Ein Obstquetschie ist die Zeiteinheit für den ersten Kaffee am Samstagmorgen. 
Auf unserem Klopapier findet sich ein Bild, das nach frühem Vogerl aussieht. REWE sei Dank. 
Nach dem Frühstück schreibe ich einen Text über Tätowierungen, und wie ich auf dem Spielplatz eine merkwürdige Begegnung hatte. 
Als Jause gibt es Melone und Kekse (Mann) und Melone und Butterbrot (Kind). 
Im Supermarkt ist überraschend wenig los. 
Im Anschluss hole ich Essen, und warte in der Sonne. 
Die Wahl fällt auf Sushi. 

Der Sonntagmorgen beginnt mit einem Spielchen. 
Ich suche meine blaue Brille und finde nur andere. 
Zweites Frühstück und antesten der Cousinen-Marmelade. Hervorragend. 
Im Anschluss machen wir einen kleinen Spaziergang. 
Mittagsschlaf und Garten. 
Mein neues Buch verrät mir auf Seite 4, dass hier ein kleines Kind stirbt. Sieht zumindest stark danach aus. Wenn mir nicht jemand erzählt, dass das nicht stimmt, lese ich nicht weiter. 
Nachmittags ist Palatschinkenzeit. 
Das Spielzeug hat immer noch Aktualität. Wir warten noch immer auf ein paar Päckchen. 
Bei uns ist einer krank, drum liegen überall Taschentücher. 
Kurz nach vier trinke ich den letzten Kaffee des Tages. 

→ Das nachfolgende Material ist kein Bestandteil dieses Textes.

-- ===== src/Log/History/Sound.antt =====
-- The invariant of the log of src/hotmem/db.py, which each call keeps.
use mathlib.Core.List.{Memᴰ}
use hot_mem.Prelude.{
  ℕ, suc, ◌≤◌, ◌<◌, ◌≡◌, refl, ap, inl, inr, Bool, not, List, [], ◌∷◌, ◌++◌, keep, Result, arith,
}
use hot_mem.Prelude.Membership.{Memᴰ-snoc, Memᴰ-keep}
use hot_mem.Json.{Fields}
use hot_mem.Log.Tables.{LogRow, Database, with_event, newest}
use hot_mem.Log.Trim.{delete_events, trim_events_before_seq, trim_events_by_count}
use hot_mem.Log.Compact.{CompactRequest, effective_seq, new_watermark, remove_candidates}
use hot_mem.Log.Compact.Safe.{
  Outcome, nothing, removed, compact_tombstones-Outcome, effective_seq-le,
}
use hot_mem.Log.Append.{Origin, Host}
use hot_mem.Log.Delete.{MutationError, DeleteRequest}
use hot_mem.Log.Delete.Outcome.{
  Deletion, refused, repeated, deleted, append_event-eq-ok, delete_memory_record-Deletion,
}
use hot_mem.Log.Stream.Pages.{Ascending, Ascending-keep}
use hot_mem.Log.History.{
  Step, appends, trims_before, trims_count, compacts, deletes, Run, stops, goes, note_trim-Trimmed,
}

-- The numbers rise along the table, none is above the last that was given, and tombstones are
-- compacted no further than the log is trimmed.
pub record IsLog (db : Database) : Type 0 where
  pub ascending : Ascending 0 db.events
  pub bounded : (e : LogRow) → Memᴰ e db.events → e.seq ≤ db.last_seq
  pub compacted : db.compacted_tombstones_through_seq ≤ db.trimmed_through_seq

Ascending-snoc :
    (n : ℕ) (es : List LogRow) (e : LogRow)
    → Ascending n es
    → n < e.seq
    → ((f : LogRow) → Memᴰ f es → f.seq < e.seq)
    → Ascending n (es ++ e ∷ [])
Ascending-snoc n [] e h above below = (above, tt)
Ascending-snoc n (x ∷ es) e (first, rest) above below = (
  first,
  Ascending-snoc x.seq es e rest (below x (Memᴰ.head refl)) (λ f m. below f (Memᴰ.tail m)),
)

with_event-IsLog :
    (row : LogRow) (db : Database)
    → row.seq ≡ suc db.last_seq
    → IsLog db
    → IsLog (with_event row db)
with_event-IsLog row db numbered h = record {
  ascending =
      Ascending-snoc 0 db.events row h.ascending (omega (arith, numbered))
        (λ f m. omega (arith, numbered, h.bounded f m));
  bounded = λ e m. elim (Memᴰ-snoc db.events row m) [
    | inl here ↦ rw here (omega arith)
    | inr there ↦ omega (arith, numbered, h.bounded e there)
  ];
  compacted = h.compacted;
}

delete_events-IsLog :
    (doomed : LogRow → Bool) (db : Database) → IsLog db → IsLog (delete_events doomed db).0
unfolding delete_events
delete_events-IsLog doomed db h =
    let left : Database = record db { events = keep (λ e. not (doomed e)) db.events } in
    let t = note_trim-Trimmed (keep doomed db.events) (newest db.events) left in
    record {
      ascending = rw t.events (Ascending-keep (λ e. not (doomed e)) 0 db.events h.ascending);
      bounded = λ e m.
          rw t.last_seq
            (h.bounded e (Memᴰ-keep (λ f. not (doomed f)) db.events (rw (← t.events) m)).0);
      compacted = omega (arith, t.compacted, t.earlier, h.compacted);
    }

new_watermark-le :
    (r : CompactRequest) (db : Database)
    → effective_seq r db ≤ db.trimmed_through_seq
    → db.compacted_tombstones_through_seq ≤ db.trimmed_through_seq
    → new_watermark r db ≤ db.trimmed_through_seq
new_watermark-le r db h k = ground arith

Outcome-IsLog : (db db' : Database) (r : CompactRequest) → Outcome r db db' → IsLog db → IsLog db'
unfolding remove_candidates
Outcome-IsLog db db' r (nothing same) h = rw same h
Outcome-IsLog db db' r (removed guard checked same) h = rw same (record {
  ascending = h.ascending;
  bounded = h.bounded;
  compacted = new_watermark-le r db (effective_seq-le r db guard) h.compacted;
})

Deletion-IsLog :
    (h : Host) (o : Origin) (r : DeleteRequest) (db : Database)
    (out : Result MutationError Fields × Database)
    → Deletion h o r db out
    → IsLog db
    → IsLog out.1
Deletion-IsLog h o r db out (refused e) i = i
Deletion-IsLog h o r db out (repeated op e same) i = i
Deletion-IsLog h o r db out (deleted row ev found e) i =
    let j = with_event-IsLog ev db (ap (λ (x : LogRow). x.seq) e) i in
    record { ascending = j.ascending; bounded = j.bounded; compacted = j.compacted }

-- Whatever an append, a trim, a compaction or a deletion does, the numbers of the events keep rising
-- along the table, none is above the last that was given, and the tombstones are compacted no
-- further than the log is trimmed.
pub Step-IsLog : {db next : Database} → Step db next → IsLog db → IsLog next
unfolding trim_events_before_seq trim_events_by_count
Step-IsLog {db} (appends h o e db' row c) i =
    let (same, numbered) = append_event-eq-ok h o e db db' row c in
    rw same (with_event-IsLog row db (ap (λ (x : LogRow). x.seq) numbered) i)
Step-IsLog {db} (trims_before n) i = delete_events-IsLog _ db i
Step-IsLog {db} (trims_count n) i = delete_events-IsLog _ db i
Step-IsLog {db} (compacts r db' c e) i =
    Outcome-IsLog db db' r (compact_tombstones-Outcome r db db' c e) i
Step-IsLog {db} (deletes h o r) i =
    Deletion-IsLog h o r db _ (delete_memory_record-Deletion h o r db) i

pub Run-IsLog : {db last : Database} → Run db last → IsLog db → IsLog last
Run-IsLog stops i = i
Run-IsLog (goes s run) i = Run-IsLog run (Step-IsLog s i)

Bei diesem komischen Wetter bewegt sich der Schurkenbeardie kaum. 
Im Wohnzimmer liegen Muscheln, das Mitbringsel einer Freundin. 

Mehr Wochenenden gibt es wie immer bei Susanne von Geborgen Wachsen.

Die 12 Bilder vom Sonntag sind zudem Teil der Aktion von Draußen nur Kännchen, immer am 12 des Monats den Alltag in 12 Bildern zu zeigen. 
Und wie war Euer Wochenende so?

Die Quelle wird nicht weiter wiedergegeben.